Thamizhan is a 2002 Indian Tamil-language courtroom drama film directed by debutant Majith and produced by G. Venkateswaran. The film stars Vijay and Priyanka Chopra. Chopra made her debut in cinema through this film. Revathi, Nassar, Ashish Vidyarthi and Vivek also play pivotal roles in the film, while the film's score and soundtrack were composed by D. Imman. The story involves solving several corruption cases by a lawyer named Surya in the process fighting against a criminal boss and finally making Indian law basics available as a free book to common people. The film released on 12 April 2002. It received mixed reviews but was a commercial success at the box office and its satellite rights were bought by Sun TV for a good price.

Plot
Surya is a happy-go-lucky guy and often gets involved in petty fights. He falls in love with Priya. His sister's lawyer husband Sakthivel advises him to work under senior lawyer Lakshminarayanan. He becomes an upright lawyer who values and tries to redress things the legally. Sakthivel is killed in the process of upholding justice by a corrupt bigwig GK.

He takes up a mission to make the layman understand his legal rights and learn the Indian law basics. So, Surya is seen as a hero by the Indian people. GK's dairy factory gets sealed by Surya for violating food safety norms. Surya's sister Jaya also meets a pitiful end at the hands of GK's goons, but Surya refuses to give up. GK's goons start a riot in a village and put the blame on Surya. Surya is arrested and beaten up by the corrupt cops, and retaliates in return. Surya is summoned at the court and fights up legally, suggesting several reforms in the judicial system of India. After Surya gets released, GK attempts to shoot him but gets thrashed by the people. Surya tells GK to reform before he gets punished. For his service, Surya is honoured by the President of India. Finally, it is shown that Surya's dream had come true.

Cast

Production
In 2001, producer G. Venkateswaran signed on Thirupathisamy to direct Vijay in an action film titled Velan. The film, a remake of the director's Telugu film Azad, saw Priyanka Chopra, winner of the beauty pageant Miss World 2000, being brought in by Venkateswaren to make her debut and play the lead female role. However, before production began, Thirupathisamy died in an accident and Venkateswaren duly decided to give debutant Majith a chance to direct a film with the same cast. To prepare for her role in the film, Priyanka watched Tamil films and tried to pick up a Tamil accent.

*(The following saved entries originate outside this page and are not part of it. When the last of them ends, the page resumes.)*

-- ===== src/Security/Page.antt =====
-- dashboard/app/(officer)/security/page.tsx: the handlers where nothing else runs, and the filters.
use secure_vote.Base.{
  String, Bool, true, false, not, ◌||◌, Option, none, some, List, [], keep, if◌then◌else◌, truthy?,
  or_text, includes, ◌===◌, Reply, ok, failed, or_else,
}
use secure_vote.Types.{DeviceResponse, DeviceStatus, suspended, revoked, device_status_text}
use secure_vote.Types.Reports.{AuditEntryResponse}
use secure_vote.Types.Registers.{
  HealthCheckResponse, AdvisoryFinding, AdvisoryFindingsResponse, RfidTapRequest, RfidTapResponse,
}
use secure_vote.Security.{SecurityControl, control_category_text}
use secure_vote.Security.Controls.{security_controls}

pub record Page : Type 0 where
  pub health : Option HealthCheckResponse
  pub devices : List DeviceResponse
  pub tamper_events : List AuditEntryResponse
  pub anomalies : List AdvisoryFinding
  pub selected_category : String
  pub rfid_card : String
  pub rfid_device_id : String
  pub rfid_result : Option RfidTapResponse
  pub rfid_loading : Bool
  pub loading : Bool
  pub error : Option String

-- What the page awaits.
pub record Backend : Type 0 where
  pub get_health : Reply HealthCheckResponse
  pub get_devices : String → Reply (List DeviceResponse)
  pub get_audit_log : String → Reply (List AuditEntryResponse)
  pub get_election_anomalies : String → Reply AdvisoryFindingsResponse

abbrev pub mentions_suspension : Option String → Bool
mentions_suspension none = false
mentions_suspension (some s) = includes s "SUSPENDED"

abbrev pub is_tamper : AuditEntryResponse → Bool
is_tamper e = e.event_type === "TAMPER_DETECTED" || mentions_suspension e.event_data

-- A failed health check leaves what was known.
abbrev pub health_or :
    Reply HealthCheckResponse → Option HealthCheckResponse → Option HealthCheckResponse
health_or (ok h) old = some h
health_or (failed m) old = old

abbrev pub findings_of : Reply AdvisoryFindingsResponse → List AdvisoryFinding
findings_of (ok r) = r.findings
findings_of (failed m) = []

unfoldable pub fetch_security_data : Option String → Backend → Page → Page
fetch_security_data token b p =
    if not (truthy? token) then record p { loading = false } else record p {
      error = none;
      health = health_or b.get_health p.health;
      devices = or_else (b.get_devices "EV-2026-001") [];
      tamper_events = keep is_tamper (or_else (b.get_audit_log "EV-2026-001") []);
      anomalies = findings_of (b.get_election_anomalies "EV-2026-001");
      loading = false;
    }

abbrev tapped : Reply RfidTapResponse → Page → Page
tapped (ok r) p = record p { rfid_result = some r; rfid_loading = false }
tapped (failed m) p = record p {
  error = some (or_text (some m) "RFID tap simulation failed");
  rfid_loading = false;
}

-- The card that was handed over, or the one that is typed in.
unfoldable pub handle_tap_rfid :
    Option String → (RfidTapRequest → Reply RfidTapResponse) → Page → Page
handle_tap_rfid card tap_rfid p =
    let request : RfidTapRequest = record {
      raw_uid = or_text card p.rfid_card;
      device_id = p.rfid_device_id;
      election_id = "EV-2026-001";
    } in
    tapped (tap_rfid request) (record p { rfid_loading = true; error = none })

abbrev pub with_status : DeviceStatus → List DeviceResponse → List DeviceResponse
with_status s ds = keep (λ d. device_status_text d.status === device_status_text s) ds

unfoldable pub suspended_devices : Page → List DeviceResponse
suspended_devices p = with_status suspended p.devices

unfoldable pub revoked_devices : Page → List DeviceResponse
revoked_devices p = with_status revoked p.devices

unfoldable pub shown_controls : Page → List SecurityControl
shown_controls p =
    keep
      (λ c.
        p.selected_category === "ALL" || control_category_text c.category === p.selected_category)
      security_controls
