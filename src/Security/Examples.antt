-- ===== src/Security/Examples.antt =====
-- The security center at single replies.
use secure_vote.Base.{
  ◌≡◌, refl, String, none, some, false, Option, [], ◌∷◌, length, map, Reply, ok, failed,
}
use secure_vote.Types.Reports.{AuditEntryResponse}
use secure_vote.Types.Registers.{RfidTapRequest, RfidTapResponse}
use secure_vote.Security.Page.{Page, Backend, fetch_security_data, handle_tap_rfid, shown_controls}

abbrev page : Page
page = record {
  health = none;
  devices = [];
  tamper_events = [];
  anomalies = [];
  selected_category = "ALL";
  rfid_card = "CARD-VALID-01";
  rfid_device_id = "EVM-001";
  rfid_result = none;
  rfid_loading = false;
  loading = false;
  error = none;
}

shown_controls_test :
    (length (shown_controls page) ≡ 16)
    × (map (λ c. c.id) (shown_controls (record page { selected_category = "VERIFICATION" }))
        ≡ 12 ∷ 13 ∷ 14 ∷ 15 ∷ 16 ∷ [])
unfolding shown_controls
shown_controls_test = (refl, refl)

abbrev entry : String → Option String → AuditEntryResponse
entry type content = record {
  id = 1;
  election_id = "EV-2026-001";
  event_type = type;
  event_data = content;
  actor = none;
  device_id = none;
  sequence_number = 1;
  timestamp = "";
  previous_hash = none;
  entry_hash = "";
}

-- All calls but one fail, and the page shows no error.
abbrev backend : Backend
backend = record {
  get_health = failed "Network error";
  get_devices = λ k. failed "Network error";
  get_audit_log = λ k.
      ok (entry "TAMPER_DETECTED" none ∷ entry "VOTE" none ∷ entry "STATE" (some "SUSPENDED") ∷ []);
  get_election_anomalies = λ k. failed "Network error";
}

fetch_security_data_test :
    let p = fetch_security_data (some "T") backend page in
    (map (λ e. e.event_type) p.tamper_events ≡ "TAMPER_DETECTED" ∷ "STATE" ∷ []) × (p.error ≡ none)
unfolding fetch_security_data
fetch_security_data_test = (refl, refl)

abbrev echo : RfidTapRequest → Reply RfidTapResponse
echo r = failed r.raw_uid

handle_tap_rfid_test :
    ((handle_tap_rfid none echo page).error ≡ some "CARD-VALID-01")
    × ((handle_tap_rfid (some "CARD-2") echo page).error ≡ some "CARD-2")
unfolding handle_tap_rfid
handle_tap_rfid_test = (refl, refl)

Gautami was initially selected to play Vijay's sister in the film, but was later replaced by Revathi. Vivek was signed on to film comedy scenes for a sum of 15 lakh. A new technical team of music director 18-year-old Imman, who had scored for serials earlier, and cinematographer Ekambaram, who had apprenticed with Jeeva, were also selected. Furthermore, the sets were designed by Sabu Cyril, dance choreography was by Raju Sundaram, and stunts were arranged by Super Subbarayan.

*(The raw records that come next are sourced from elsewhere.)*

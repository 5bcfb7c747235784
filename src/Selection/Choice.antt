-- ===== src/Selection/Choice.antt =====
-- Which election is chosen, and which selection a refresh keeps.
use secure_vote.Base.{
  ◌≡◌, refl, inl, inr, String, true, none, some, List, [], ◌∷◌, any, find, Reply, ok, failed, arith,
  Bool-cases, ap,
}
use secure_vote.Types.{ElectionResponse}
use secure_vote.Selection.{
  ListedElection, is_open, choose, Elections, select_reply, refresh_elections, select_election,
}

find-open :
    (es : List ListedElection)
    → any is_open es ≡ true
    → (e : ListedElection) × (find is_open es ≡ some e) × (is_open e ≡ true)
find-open [] h = cc h
find-open (e ∷ es) h = elim (Bool-cases (is_open e)) [
  | inl p ↦ (e, rw p refl, p)
  | inr q ↦ let (f, found, p) = find-open es (ground (arith, q, h)) in (f, rw q found, p)
]

-- An open election is chosen where the list has one.
choose-open :
    (es : List ListedElection)
    → any is_open es ≡ true
    → (e : ListedElection) × (choose es ≡ some e) × (is_open e ≡ true)
unfolding choose
choose-open es h = let (e, found, p) = find-open es h in (e, rw (choose, found) refl, p)

-- The identifier of the selected election.
abbrev pub HasSelected : Elections → String → Type 0
HasSelected s k = (f : ElectionResponse) × (s.selected_election ≡ some f) × (f.id ≡ k)

select_reply-HasSelected :
    (s : Elections) (k : String) (r : Reply ElectionResponse)
    → ((f : ElectionResponse) → r ≡ ok f → f.id ≡ k)
    → HasSelected s k
    → HasSelected (select_reply r s) k
select_reply-HasSelected s k (ok f) honest h = (f, refl, honest f refl)
select_reply-HasSelected s k (failed m) honest h = h

-- A refresh keeps the selection: where an election is selected when it starts, and the backend answers
-- for an identifier, if at all, with the election that has it, the selected election has the same
-- identifier after the refresh, whatever calls fail.
pub refresh_elections-keeps_selection :
    (s : Elections) (e : ElectionResponse) (all : Reply (List ElectionResponse))
    (detailed : String → Reply ElectionResponse)
    → ((k : String) (f : ElectionResponse) → detailed k ≡ ok f → f.id ≡ k)
    → s.selected_election ≡ some e
    → HasSelected (refresh_elections (some e) all detailed s) e.id
unfolding refresh_elections
refresh_elections-keeps_selection s e (failed m) detailed honest h = (e, h, refl)
refresh_elections-keeps_selection s e (ok all) detailed honest h =
    select_reply-HasSelected (record s { elections = all }) e.id (detailed e.id) (honest e.id)
      (e, h, refl)

-- A refresh that starts before anything is selected undoes a selection that is made meanwhile: where
-- the backend has the first election of its list, that one is selected after it, whichever election
-- was picked.
refresh_elections-undoes_selection :
    (s : Elections) (picked : String) (e fresh : ElectionResponse) (es : List ElectionResponse)
    (detailed : String → Reply ElectionResponse)
    → detailed e.id ≡ ok fresh
    → (refresh_elections none
        (ok (e ∷ es))
        detailed
        (select_election picked detailed s)).selected_election
      ≡ some fresh
unfolding refresh_elections
refresh_elections-undoes_selection s picked e fresh es detailed found =
    ap
      (λ r.
        (select_reply r
          (record (select_election picked detailed s) { elections = e ∷ es })).selected_election)
      found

A scene for the film featured the producer and lyricist Vairamuthu making guest appearances as themselves during a book launch event. The patriotic nature of the film led to a postal stamp being released with Vijay's face on it. The similarities of title and release date between Thamizhan and the Prashanth-starrer Thamizh created confusion, with the producers of both films unable to accommodate any changes.

Release and reception
The film was released on 12 April 2002. Made on a high budget of 5 crore, Thamizhan was sold for 11.5 crore to distributors.

The film was later dubbed in Hindi as Jeet - Born To Win (2009).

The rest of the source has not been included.